O meio ambiente do semiárido lhe dá o norte, o de comer e o entendimento. Para Francisco, "ali tem tudo de bom: os melhores paladares, o melhor solo. Mesmo faltando água, mas, com qualquer ajudazinha, é maravilhoso, o semiárido". Ele mostra o que diz: o nada, em frente ao sítio, refloresceu. Há dez anos, o agropecuarista iniciava o reflorestamento do horizonte com plantas nativas, para remediar os danos das queimadas de décadas. São quase seis hectares já revividos e, daqui a cinco anos, ele espera ter "só de 10% a 15% de área nua".

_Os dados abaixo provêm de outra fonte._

-- ===== src/Match/Engine/Leaves.antt =====
-- `GroupBuilder::predicate`: the predicate that a leaf becomes is right for it.
use goliath_siem.Base.{◌≡◌, refl, Option, none, List, any, Text}
use goliath_siem.Rule.FieldPath.{FieldPath}
use goliath_siem.Rule.Resolved
use goliath_siem.Rule.Resolved.{Expr, Test, RegexFlags, StringTest}
use goliath_siem.Sigma.Pattern
use goliath_siem.Crates.{Crates}
use goliath_siem.Match.Laws.{Laws}
use goliath_siem.Match.Semantics.{Event, pool, test_values}
use goliath_siem.Match.Reference.{ok, Check, plain}
use goliath_siem.Match.Meaning.{expr_holds, test_holds, asks_but_booleans}
use goliath_siem.Match.Engine.{paths, any_string, other}
use goliath_siem.Match.Engine.Builder.{B, Leaf, string_leaf, field_leaf}
use goliath_siem.Match.Engine.Hits.{gather}
use goliath_siem.Match.Engine.Evaluate.{holds_check}
use goliath_siem.Match.Engine.Gather.{field-gather, keyword-gather}
use goliath_siem.Match.Engine.Grow.{IsTidy}
use goliath_siem.Match.Engine.Right.{leaf_holds}
use goliath_siem.Match.Engine.RegexLeaf.{RequiresSound}
use goliath_siem.Match.Engine.LeafPred.{IsLeafPred, field_of, string_leaf_lem, plain_lem}
use goliath_siem.Match.Engine.RegexPred.{regex_pred_lem}

module _ (c : Crates) (required_literals : Text → RegexFlags → Option (List Text)) where
  open c use {Float, Regex, regex_build}

  module _ (laws : Laws c) (sound : RequiresSound c required_literals) where
    plain_means :
        (ps : List FieldPath) (test : Test Float) (check : Check Float Regex)
        → ((event : Event c)
            → holds_check c check (pool c event ps) event
              ≡ test_holds c (asks_but_booleans c) test (pool c event ps) event)
        → (event : Event c)
        → holds_check c check (pool c event ps) event
          ≡ leaf_holds c (field_of c required_literals ps test) event
    unfolding expr_holds
    plain_means ps test check h event = h event

    string_means :
        (ps : List FieldPath) (test : StringTest) (event : Event c)
        → leaf_holds c (field_of c required_literals ps (Test.string test)) event
          ≡ any (Pattern.matches test.pattern) (gather c (paths ps) test.cased event)
    unfolding expr_holds test_holds test_values
    string_means ps test event = field-gather c laws test event ps

    plain_field :
        (b : B c required_literals) (ps : List FieldPath) (test : Test Float)
        → ((event : Event c)
            → holds_check c (plain test) (pool c event ps) event
              ≡ test_holds c (asks_but_booleans c) test (pool c event ps) event)
        → IsTidy b
        → (r : Leaf c required_literals) → ok (b, other ps (plain test) none, none) ≡ ok r
        → IsLeafPred c required_literals b (field_of c required_literals ps test) r
    plain_field b ps test same tidy r h =
        let same' : (b, other ps (plain test) none, none) ≡ r = cc in
        rw (← same') (
          plain_lem c required_literals b ps (plain test) (field_of c required_literals ps test)
            (plain_means ps test (plain test) same) tidy)

    pub field_leaf_lem :
        (b : B c required_literals) (ps : List FieldPath) (test : Test Float)
        → IsTidy b
        → (r : Leaf c required_literals) → field_leaf c required_literals b ps test ≡ ok r
        → IsLeafPred c required_literals b (field_of c required_literals ps test) r
    unfolding field_leaf
    field_leaf_lem b ps (Test.string test) tidy r h =
        string_leaf_lem c required_literals b (paths ps) test
          (field_of c required_literals ps (Test.string test)) (string_means ps test) tidy r h
    field_leaf_lem b ps (Test.regex p flags) tidy r h =
        regex_pred_lem c required_literals laws sound b ps p flags tidy r h
          (required_literals p flags) refl
    field_leaf_lem b ps (Test.cidr n) tidy r h =
        plain_field b ps (Test.cidr n) (λ event. unfold holds_check test_holds in refl) tidy r h
    field_leaf_lem b ps (Test.exists n) tidy r h =
        plain_field b ps (Test.exists n) (λ event. unfold holds_check test_holds in refl) tidy r h
    field_leaf_lem b ps Test.null tidy r h =
        plain_field b ps Test.null (λ event. unfold holds_check test_holds in refl) tidy r h
    field_leaf_lem b ps (Test.equals n) tidy r h =
        plain_field b ps (Test.equals n) (λ event. unfold holds_check test_holds in refl) tidy r h
    field_leaf_lem b ps (Test.boolean n) tidy r h =
        plain_field b ps (Test.boolean n) (λ event. unfold holds_check test_holds in refl) tidy r h
    field_leaf_lem b ps (Test.compare op n) tidy r h =
        plain_field b ps (Test.compare op n) (λ event. unfold holds_check test_holds in refl) tidy r
          h
    field_leaf_lem b ps (Test.field_ref n k) tidy r h =
        plain_field b ps (Test.field_ref n k) (λ event. unfold holds_check test_holds in refl) tidy
          r h

    pub keyword_leaf_lem :
        (b : B c required_literals) (test : StringTest)
        → IsTidy b
        → (r : Leaf c required_literals) → string_leaf c required_literals b any_string test ≡ ok r
        → IsLeafPred c required_literals b (Resolved.keyword test) r
    keyword_leaf_lem b test tidy r h =
        string_leaf_lem c required_literals b any_string test (Resolved.keyword test)
          (λ event. unfold expr_holds in keyword-gather c test event) tidy r h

Ipês, marmeleiros, mufumbos, caatingueiras preenchem vazios com lições de convivência. Dizem o que mata e o que cura, sabem do tempo. Francisco aprendeu a ler as árvores: se vai chover, "a caatingueira muda de terno (revestimento do caule)". Pelos encantamentos e aprendizados, ele mandou buscar os dois filhos que pelejavam a vida em Brasília. No semiárido tem mais ganho, em todos os sentidos e sentimentos. "Não saio daqui, aqui eu nasci, foi enterrado o umbigo ali. Não tem lugar melhor pra se viver depois que você aprender a conviver com ele (sertão)", embrenha-se.

E outras sabedorias

O POVO esteve no Sítio Brum há dez anos, quando o agropecuarista Francisco Neto começava o reflorestamento onde as queimadas, intensas nas décadas de 1970 e 80, arrasaram 80% da flora nativa. A prática, primitiva, retira a cobertura vegetal antes de um plantio ou para um pasto, mas agride, de morte, a natureza, comprovou Francisco.

Também o mal do agrotóxico foi um aprendizado pela perda. Em 1982, ele exemplifica, produziu 420 sacas de feijão usando três vidros de agrotóxico; em 84, na mesma área, foram 36 sacas com 38 litros de veneno. "Aí, parei. Tô morrendo e tô matando alguém. Parti para o criar", mudou.

Na cartilha do semiárido, a primeira lição é ver o que a região comporta. O solo é rico, concordam o agropecuarista e pesquisadores da China e do Japão que já visitaram o sítio. O problema não é só a escassez d´água, mas, principalmente, a falta de técnica e de consciência para conviver com o lugar. "O mau uso da terra faz com que o pão desapareça. Falta prezar a natureza, a única mãe que não perdoa. Se você agride ela, ela te dá o retorno", espelha Francisco. "É bem simples conservar a natureza: tem que aprender a trabalhar nela. Tirar dela, mas que não machuque ela", completa.

A educação pelo sertão lhe dá outro ensinamento: "Água é vida", tem que preservar. "Não sei o tamanho do açude que tem lá embaixo (subsolo), por isso, não vou gastar", é cauteloso no uso do poço profundo. "Tem o inverno pra se prevenir. E, assim, vou passando... Aqui é uma região que chove mais do que as outras. Por quê? Eu digo: a mãe natureza tá começando a me perdoar", convive, traduzindo a refloresta.

Há quem o ache "doido" e repita os erros dos antepassados, ele diz, seguindo adiante, em palestras sobre as inovações. E onde era deserto, no Sítio Brum, universidades e instituições fazem pesquisas; investigam a chuva, descobrem remédios. Esta foi a maior lição que a natureza lhe deu: "Quando comecei a zelar por ela, ela retribuiu".